■ Problem to work on:
In the records below, some lines contain the word "update". Copy each of them.

----------

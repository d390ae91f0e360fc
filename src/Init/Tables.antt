-- ===== src/Init/Tables.antt =====
-- axiom-init/axiom-init.c: the file of the routing table. A file is the list of the numbers on its
-- lines, as strtol reads them, or `negative`; an entry is a mask of
-- interfaces, a uint8_t. AXIOM_NODES_NUM is an argument, and so is whether the file opens.
pub mod Saved
mod Tests
use axiom_evi_apps.Prelude.{
  ℕ, zero, suc, ◌+◌, ◌%◌, ◌^◌, Bool, true, false, List, [], ◌∷◌, map, Option, none, some, ltb, ◌==◌,
  not, Outcome, done, undefined, aborted, ◌>>=◌, if◌then◌else◌,
}
use axiom_evi_apps.Init.Session.{ctz}

pub data Line : Type 0 where
  number : ℕ → Line
  negative : Line

abbrev pub update : (ℕ → ℕ) → ℕ → ℕ → ℕ → ℕ
update table k v j = if j == k then v else table j

-- `(1 << val)` as a uint8_t. The test before it, `(val >= 0) || (val <= AXIOM_INTERFACES_MAX)`, holds
-- for every number.
unfoldable pub shifted : Line → Outcome ℕ
shifted negative = undefined
shifted (number val) = if ltb val 32 then done (2 ^ val % 2 ^ 8) else undefined

-- The `while` over the lines, the one at `line_count` next, in a table of n entries; none for the
-- return of -1.
unfoldable pub read_lines : ℕ → List Line → ℕ → (ℕ → ℕ) → Outcome (Option (ℕ → ℕ))
unfolding shifted
read_lines n [] line_count table = done (some table)
read_lines n (l ∷ ls) line_count table =
    if not (ltb line_count n)
    then done none
    else (shifted l >>= λ v. read_lines n ls (line_count + 1) (update table line_count v))

-- axiom_rt_from_file: the entries that axiom_set_routing gets.
unfoldable pub axiom_rt_from_file : ℕ → Option (List Line) → Outcome (Option (ℕ → ℕ))
axiom_rt_from_file n none = done none
axiom_rt_from_file n (some ls) = read_lines n ls 0 (λ k. 0)

-- `__builtin_ctzl` of each entry from node `nid` on, undefined for 0.
unfoldable pub write_lines : (ℕ → ℕ) → ℕ → ℕ → Outcome (List Line)
write_lines table zero nid = done []
write_lines table (suc left) nid =
    if table nid == 0
    then undefined
    else (write_lines table left (nid + 1) >>= λ ls. done (number (ctz 64 (table nid)) ∷ ls))

-- axiom_rt_to_file: what is written; none for a file that does not open.
unfoldable pub axiom_rt_to_file : ℕ → Bool → (ℕ → ℕ) → Outcome (Option (List Line))
axiom_rt_to_file n opens table =
    if not opens then done none else (write_lines table n 0 >>= λ ls. done (some ls))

----------

■ Written solution:
abbrev pub update : (ℕ → ℕ) → ℕ → ℕ → ℕ → ℕ
update table k v j = if j == k then v else table j
    else (shifted l >>= λ v. read_lines n ls (line_count + 1) (update table line_count v))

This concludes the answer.